Insights

Why outsourcing is destroying our immigration system...

5/09/2019

Where to begin...

So, last month our new Prime Minister unveiled a radical plan to 'shake-up' our immigration system - this revolutionary plan would help Great Britain attract the 'best and the brightest' in a post-Brexit world. 

The problem with this plan is that it is neither 'radical' nor a 'shake-up' -  a quick google search has told me that such a plan to attract 'the best and the brightest' has already been rolled out on several occasions by several different politicians. But my issue is not with the political soundbites or even the idea of reforming our immigration system. 

Oh no. 

My concerns centre around that of profiteering and outsourcing. 

The problem is that the Home Office have just been found to have made £500 million profit in the last year and yet the Chief Inspector of Borders states that the Home Office are having to outsource aspects of our immigration system because of 'funding shortages'. This simply does not compute. Especially when the same investigation into the finances of our immigration system found that the Home Office had made £1.6 billion from visa applications in the past five years. That is nine-times more than the five years before that. So the money is there. 

Most, if not all, immigration scandals or issues can all be traced back to outsourcing. 

For example, there is whole 'TOEIC/ETS' debacle (where an undercover investigation found that three English test centres were involved in fraud by 'selling' English language certificates). ETS was the name of the test provider, TOEIC the name of the test itself. For a fee, an overseas student could pay to have a British speaker take their English language test for them. Clearly illegal. No one disputed that. Problems arose though when the Home Office sought to remove nearly 40,000 students on the basis that they simply had taken a TOEIC test. There was no evidence that the fraud had been committed in every test centre and indeed there was no evidence to suggest that 40,000 students had committed fraud. Numerous experts and court cases were fought where the conduct of the Home Office had been criticised. Even the National Audit Office investigated the conduct of the Home Office in this matter. But if you were to ask the question, why this happened, then the answer is simple. This was an English language test that had been outsourced to a private company. The Home Office lost complete oversight over the whole process. There was no control over franchising and no scope for the Home Office to complete vetting of business owners or test invigilators.  Prior to the scandal breaking, the Home Office asked ETS to conduct an audit of a test centre where the test results appeared suspicious. ETS have alleged in court that a surprise audit was conducted and there was no cause of concern. 
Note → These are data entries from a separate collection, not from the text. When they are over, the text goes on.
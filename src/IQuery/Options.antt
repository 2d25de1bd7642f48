-- ===== src/IQuery/Options.antt =====
-- The option bits of a query, src/mysql/IQuery.cpp.
use Prim.Native.Nat.{bit_and, bit_or}
use my_sqloo.Base.{
  ℕ, ◌<◌, ◌≡◌, refl, Bool, true, false, not, ◌&&◌, arith, ◌==◌, ltb, if◌then◌else◌, zero, suc,
}
use my_sqloo.Objects.{IQuery}
use my_sqloo.Outcome.{done}
use my_sqloo.IQuery.{is_option, set_option, has_option, complement}

-- Whether a test holds of the numbers below a bound.
every : (ℕ → Bool) → ℕ → Bool
every check zero = true
every check (suc bound) = every check bound && check bound

every_holds :
    (check : ℕ → Bool) (bound m : ℕ) → m < bound → every check bound ≡ true → check m ≡ true
unfolding every
every_holds check zero m below all = absurd (omega arith)
every_holds check (suc bound) m below all = ground (arith, every_holds check bound m)

-- The bits after a write of one option.
written : ℕ → Bool → ℕ → ℕ
unfolding complement
written o b m = if b then bit_or m o else bit_and m (complement o)

set_bit : ℕ → ℕ → Bool
set_bit m p = not (bit_and m p == 0)

same : Bool → Bool → Bool
same true b = b
same false b = not b

holds_at : Bool → ℕ → ℕ → ℕ → Bool
holds_at b m o p =
    if is_option o && is_option p
    then ltb (written o b m) 16
      && same (set_bit (written o b m) p) (if p == o then b else set_bit m p)
    else true

holds_below : Bool → ℕ → Bool
unfolding every holds_at
holds_below b n = every (λ m. every (λ o. every (λ p. holds_at b m o p) n) n) n

holds_true : holds_below true 16 ≡ true
unfolding holds_below is_option written set_bit same
holds_true = refl

holds_false : holds_below false 16 ≡ true
unfolding holds_below is_option written set_bit same
holds_false = refl

holds_table : (b : Bool) → holds_below b 16 ≡ true
holds_table true = holds_true
holds_table false = holds_false

holds : (b : Bool) (m o p : ℕ) → m < 16 → o < 16 → p < 16 → holds_at b m o p ≡ true
unfolding holds_below
holds b m o p hm ho hp =
    let cell = λ (m' o' : ℕ). every (λ p'. holds_at b m' o' p') 16 in
    let row = λ (m' : ℕ). every (cell m') 16 in
    every_holds (holds_at b m o) 16 p hp
      (every_holds (cell m) 16 o ho (every_holds row 16 m hm (holds_table b)))

option_lt : (o : ℕ) → is_option o ≡ true → o < 16
unfolding is_option
option_lt o h = ground arith

written_lem :
    (b : Bool) (m o p : ℕ)
    → m < 16
    → is_option o ≡ true
    → is_option p ≡ true
    → (written o b m < 16) × (set_bit (written o b m) p ≡ (if p == o then b else set_bit m p))
unfolding holds_at same
written_lem b m o p hm ho hp = ground (arith, holds b m o p hm (option_lt o ho) (option_lt p hp))

-- On a query whose options are below 16, a call with one of the four options succeeds, keeps the
-- options below 16, and writes the flag into that option and no other.
pub set_option_lem :
    (o p : ℕ) (b : Bool) (q : IQuery)
    → q.options < 16
    → is_option o ≡ true
    → is_option p ≡ true
    → (q' : IQuery) × (set_option o b q ≡ done q')
      × (q'.options < 16)
      × (has_option q' p ≡ (if p == o then b else has_option q p))
unfolding set_option has_option written set_bit
set_option_lem o p b q h ho hp =
    let (bound, bit) = written_lem b q.options o p h ho hp in
    (record q { options = written o b q.options }, rw ho, bound, bit)
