-- ===== src/Bindings/Options.antt =====
-- The options of a query as Lua sets them, `setOption` of src/lua/LuaIQuery.cpp.
use my_sqloo.Base.{
  ℕ, ◌<◌, ◌≡◌, ◌∙◌, refl, ap, Bool, true, false, ◌&&◌, String, List, [], ◌∷◌, ◌==◌, leb,
  if◌then◌else◌, Bool-cases, inl, inr,
}
use my_sqloo.Bindings.{LuaArguments, Casts, number_type, bool_type, check_type, settle}
use my_sqloo.IQuery.{is_option, set_option, has_option}
use my_sqloo.IQuery.Options.{set_option_lem}
use my_sqloo.Objects.{IQuery}
use my_sqloo.Outcome.{Checked, thrown}

module _ (casts : Casts) where
  -- A third argument, if there is one, must be a Boolean.
  unfoldable pub lua_set_option : LuaArguments → IQuery → Checked IQuery
  lua_set_option args q =
      let option = casts.to_int (args.get_number 2) in
      check_type args 2 number_type (
        if leb 3 args.top
        then check_type args 3 bool_type (set_option option (args.get_bool 3) q)
        else set_option option true q)

  unfoldable pub call_options : List LuaArguments → IQuery → IQuery
  call_options [] q = q
  call_options (args ∷ rest) q = call_options rest (settle (lua_set_option args q) q)

  -- The call names one of the options, and its arguments have the types.
  abbrev pub is_accepted : LuaArguments → Bool
  is_accepted args =
      args.is_type 2 number_type
      && ((if leb 3 args.top then args.is_type 3 bool_type else true)
          && is_option (casts.to_int (args.get_number 2)))

  abbrev pub flag_of : LuaArguments → Bool
  flag_of args = if leb 3 args.top then args.get_bool 3 else true

  -- Whether an option is set after the calls: as the last accepted call for it says.
  abbrev pub last_written : ℕ → List LuaArguments → Bool → Bool
  last_written p [] b = b
  last_written p (args ∷ rest) b =
      last_written p rest
        (if is_accepted args && (p == casts.to_int (args.get_number 2)) then flag_of args else b)

  refused :
      (o : ℕ) (b : Bool) (q : IQuery)
      → is_option o ≡ false
      → set_option o b q ≡ thrown "Invalid Option"
  unfolding set_option
  refused o b q e = rw (e) refl

  set_or_refused :
      (o p : ℕ) (b : Bool) (q : IQuery)
      → q.options < 16
      → is_option p ≡ true
      → let q' = settle (set_option o b q) q in
        (q'.options < 16)
        × (has_option q' p ≡ (if is_option o && (p == o) then b else has_option q p))
  set_or_refused o p b q h hp = elim (Bool-cases (is_option o)) [
    | inl ho ↦
        let (q', done', below, written) = set_option_lem o p b q h ho hp in
        rw (done', ho) (below, written)
    | inr other ↦ rw (refused o b q other, other) (h, refl)
  ]

  by_types :
      (second third has_third : Bool) (message message' : String) (o p : ℕ) (b : Bool) (q : IQuery)
      → q.options < 16
      → is_option p ≡ true
      → let r : Checked IQuery =
          if second
          then if has_third
            then if third then set_option o b q else thrown message
            else set_option o true q
          else thrown message' in
        let q' = settle r q in
        (q'.options < 16)
        × (has_option q' p ≡ (
            if (second && ((if has_third then third else true) && is_option o)) && (p == o)
            then if has_third then b else true
            else has_option q p))
  by_types false third has_third message message' o p b q h hp = (h, refl)
  by_types true true true message message' o p b q h hp = set_or_refused o p b q h hp
  by_types true false true message message' o p b q h hp = (h, refl)
  by_types true third false message message' o p b q h hp = set_or_refused o p true q h hp

  one_call :
      (args : LuaArguments) (p : ℕ) (q : IQuery)
      → q.options < 16
      → is_option p ≡ true
      → let q' = settle (lua_set_option args q) q in
        (q'.options < 16)
        × (has_option q' p ≡ (
            if is_accepted args && (p == casts.to_int (args.get_number 2))
            then flag_of args
            else has_option q p))
  unfolding lua_set_option
  one_call args p q h hp =
      by_types (args.is_type 2 number_type) (args.is_type 3 bool_type) (leb 3 args.top)
        (args.bad_argument 3 bool_type) (args.bad_argument 2 number_type)
        (casts.to_int (args.get_number 2)) p (args.get_bool 3) q h hp

  -- Let the options of a query be below 16, as those of a new query are. After any calls of setOption,
  -- with any arguments, they are below 16, and each of the four options is set exactly when the
  -- last call that named it, with arguments of the right types, set it, and as before without such a call.
  pub call_options_lem :
      (calls : List LuaArguments) (p : ℕ) (q : IQuery)
      → q.options < 16
      → is_option p ≡ true
      → ((call_options calls q).options < 16)
        × (has_option (call_options calls q) p ≡ last_written p calls (has_option q p))
  unfolding call_options
  call_options_lem [] p q h hp = (h, refl)
  call_options_lem (args ∷ rest) p q h hp =
      let q' = settle (lua_set_option args q) q in
      let (below, written) = one_call args p q h hp in
      let (below', last) = call_options_lem rest p q' below hp in
      (below', last ∙ ap (last_written p rest) written)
TOEIC isn't the only example. 

Towards the end of 2018, the Home Office started phasing out their own visa application centres and instead handed over control to a private company called Sopra Steria. Their remit was simple. Process visa applications and take biometric data. Yet, hundreds of applicants have turned up at appointment centres only to be greeted by a grim faced 'agent' who tells them they must purchase additional ('optional') services in order to ensure their application is processed correctly. To make matters worse, the agent will then review the application and given their 'opinion' on its merits. Just to be clear, these agents are not regulated to give immigration advice. And it is a criminal offence to give immigration advice unless you are regulated to do so. These issues have been raised time and time again with the Home Office and yet no action has been taken. 

Years before that there was the Capita scandal - the Home Office outsourced immigration enforcement to a private company. The only problem was that Capita didn't just contact those who did not have a visa - they also contacted migrants lawfully in the UK, telling them they had to leave the UK or face a penalty (or prison). I will never forget that client of mine who, having invested £5 million into UK government bonds, received a phone call from Capita to say that he had to leave the UK because he was 'illegal'. It turned out to be a clerical error and the Capita agent had been reading off the wrong spreadsheet but it took numerous phone calls, letters and the threat of legal action to rectify the error. 

The greatest weakness of our immigration system is not actually the law itself. No, the greatest weakness of our immigration system is the increasing trend of outsourcing immigration control and responsibility to private companies as this results in the Home Office having no or little visibility of the process. If the recent trends in politics is anything to go by then centralising accountability rather than dissipating it will be the only cure for our rather sick immigration system. The best and the brightest will only come to the UK if our immigration system operates with integrity and respect. If we operate our immigration system like some sort of business, where the margins and the bottom line is the only thing that matters then we will lose talent and growth to other countries.  The rhetoric of the 'best and brightest' should not be a campaign slogan. Instead it should be an actual strategic focus. 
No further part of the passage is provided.